D'où ça sort ? La mode "décente"
M le magazine du Monde | Par Louise Couvelaire
Le mannequin ressemble à tous ces autres qui prêtent leur visage à une marque de cosmétiques et s'affichent sur les panneaux publicitaires : une jolie brune aux lèvres soulignées de rouge, la bouche légèrement entrouverte et les yeux surfardés. Sauf que son épaule est couverte d'un chemisier écarlate bordé de dentelle noire. Ce détail – insignifiant – fait pourtant toute la différence. Le message ? On peut avoir du style sans en montrer trop. Cette affiche fait la réclame de la première Fashion Week chrétienne, qui s'est déroulée les 8 et 9 février, à Tampa, en Floride.
Un show au cours duquel neuf designers ont présenté leurs collections – dont un défilé de maillots de bain auquel seules les femmes étaient autorisées à assister – devant un parterre de 300 personnes. "Un immense succès", se félicitent sur leur site les deux organisatrices, Mayra Gomez et Tamy Lugo. "On se serait cru à New York !",poursuivent-elles, comparant l'événement à la "vraie" Semaine de la mode qui se tenait au même moment dans la Grosse Pomme. Les deux jeunes femmes voient grand. Car, outre-Atlantique, le mouvement appelé "modest clothing" ne cesse de faire des adeptes.
L'histoire démarre en 2004, lorsqu'une jeune fille de 11 ans, Ella Gunderson, écrit une lettre aux magasins Nordstrom : "J'ai voulu acheter des habits chez vous (surtout un jean) mais je n'ai trouvé que des modèles taille basse qui m'arrivent bien en dessous des hanches..." L'histoire fait le tour du pays, de plus en plus de voix s'élèvent contre les "vêtements toujours plus provocants". Certaines communautés religieuses – juives et chrétiennes surtout – s'emparent du phénomène en prêchant pour une mode dite "morale".

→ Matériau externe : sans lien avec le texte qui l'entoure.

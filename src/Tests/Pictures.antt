-- ===== src/Tests/Pictures.antt =====
-- Packets and the fake camera on small inputs.
use edaf55_project.Base.{
  ℕ, ◌+◌, ◌≡◌, refl, List, [], ◌++◌, length, replicate, some, none, pos, negsuc, false, arith,
  codes, length-replicate,
}
use edaf55_project.Socket.Pipe.{Pipe, pipe, pipe-IsLawful}
use edaf55_project.FakeCapture.{MediaFrame, contents, capture_get_frame, frame_of, file_name}
use edaf55_project.Text.{snprintf}
use edaf55_project.CameraMonitor.{CameraMonitor, bufsize}
use edaf55_project.Memory.{◌>>=◌}
use edaf55_project.Server.Frames.{client_save_frame, client_send_frame, try_get_frame}
use edaf55_project.Server.Frames.Taking.{taken, try_get_frame-taken}
use edaf55_project.Server.Frames.Delivery.{
  packet_of, IsReadAs, picture_delivered, client_save_frame_overflow,
}

abbrev pub zeros : List ℕ
zeros = replicate bufsize 0

pub zeros-length : length zeros ≡ bufsize
zeros-length = length-replicate {A = ℕ} bufsize 0

abbrev fresh : CameraMonitor
fresh = record {
  pic_packet = zeros;
  mode = pos 0;
  pic_taken = false;
  pic_sent = false;
  pic_take_send = 0;
  connfd = negsuc 0;
  connmodefd = negsuc 0;
  packet_sz = pos 0;
  cam = false;
}

abbrev small : MediaFrame
small = record { sz = 3; time = 1_500_000_000; bytes = codes "jpg" }

abbrev large : MediaFrame
large = record { sz = 60000; time = 0; bytes = [] }

abbrev idle_pipe : Pipe
idle_pipe = record { limits = []; out = [] }

file_name_first : file_name 80 ≡ codes "media/film080.jpg"
unfolding file_name snprintf
file_name_first = refl

picture_delivered_example :
    (m : CameraMonitor) × (client_save_frame zeros (record { fr = some small }) fresh ≡ some (0, m))
    × (client_send_frame pipe idle_pipe zeros m
        ≡ some (0, record { limits = []; out = packet_of small }))
    × (packet_of small ≡ [] ++ packet_of small)
    × IsReadAs (packet_of small) small
picture_delivered_example =
    picture_delivered pipe pipe-IsLawful zeros zeros small fresh idle_pipe
      (record { limits = []; out = packet_of small }) zeros-length zeros-length zeros-length refl
      (omega arith) (omega arith) refl

client_save_frame_overflow_example :
    client_save_frame zeros (record { fr = some large }) fresh ≡ none
client_save_frame_overflow_example =
    client_save_frame_overflow zeros large fresh zeros-length (omega arith)

try_get_frame-taken_example :
    try_get_frame
      (λ n. contents (codes "jpg"))
      1
      2
      zeros
      (record { frame_nbr = 0; stream = record { frame_nr = 80 } })
      fresh
    ≡ (taken zeros (some (frame_of 1 2 (codes "jpg"))) fresh >>= λ r.
        some (r.0, r.1, record { frame_nbr = 0 + 1; stream = record { frame_nr = 81 } }))
unfolding capture_get_frame
try_get_frame-taken_example =
    try_get_frame-taken (λ n. contents (codes "jpg")) 1 2 zeros
      (record { frame_nbr = 0; stream = record { frame_nr = 80 } }) fresh zeros-length zeros-length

"CÉLÉBRATION DU STYLE ET DE LA VERTU"
Rester décente sans être ringarde, proscrire les décolletés pigeonnants et les minijupes tout en suivant la tendance... Au fil des ans, le concept se développe et s'exporte, en Amérique du Sud ou en Europe, principalement au Royaume-Uni. Blogs, sites Internet, tableaux Pinterest, livres et marques spécialisées fleurissent. Créé en 2007 par un ancien mannequin de l'agence Ford, le magazine Elizasélectionne ainsi les tenues et les créateurs dignes d'être portés, et les stars qui méritent le respect pour leur sens du "style modeste", telle l'actrice Emma Stone et ses "silhouettes classiques". Sur son blog, la fondatrice Summer Bellessa, considérée comme l'une des leaders du"mouvement pour la décence", fustige autant les excentricités des starlettes sur les tapis rouges qu'elle vante les lignes épurées et délicates des créations de la styliste suédoise Ida Sjöstedt.
Des grands magasins, tel Macy's, proposent désormais des espaces réservés à la "mode décente". Et des personnalités se sont lancées dans le business du coaching vestimentaire, à l'instar de Pure Fashion ("une célébration du style et de la vertu", dit le slogan).
Fondée en 2005 par une actrice ex-mannequin, cette agence propose aux adolescentes âgées de 14 à 18 ans une "formation" étalée sur sept mois. Au programme : conseils mode, virée dans les centres commerciaux, apprentissage des bonnes manières, séances de groupe et organisation de défilés. Pure Fashion est désormais présente dans une vingtaine de villes américaines et une dizaine de pays, dont l'Allemagne, l'Espagne, l'Australie ou encore l'Argentine. La France ne s'est pas encore convertie.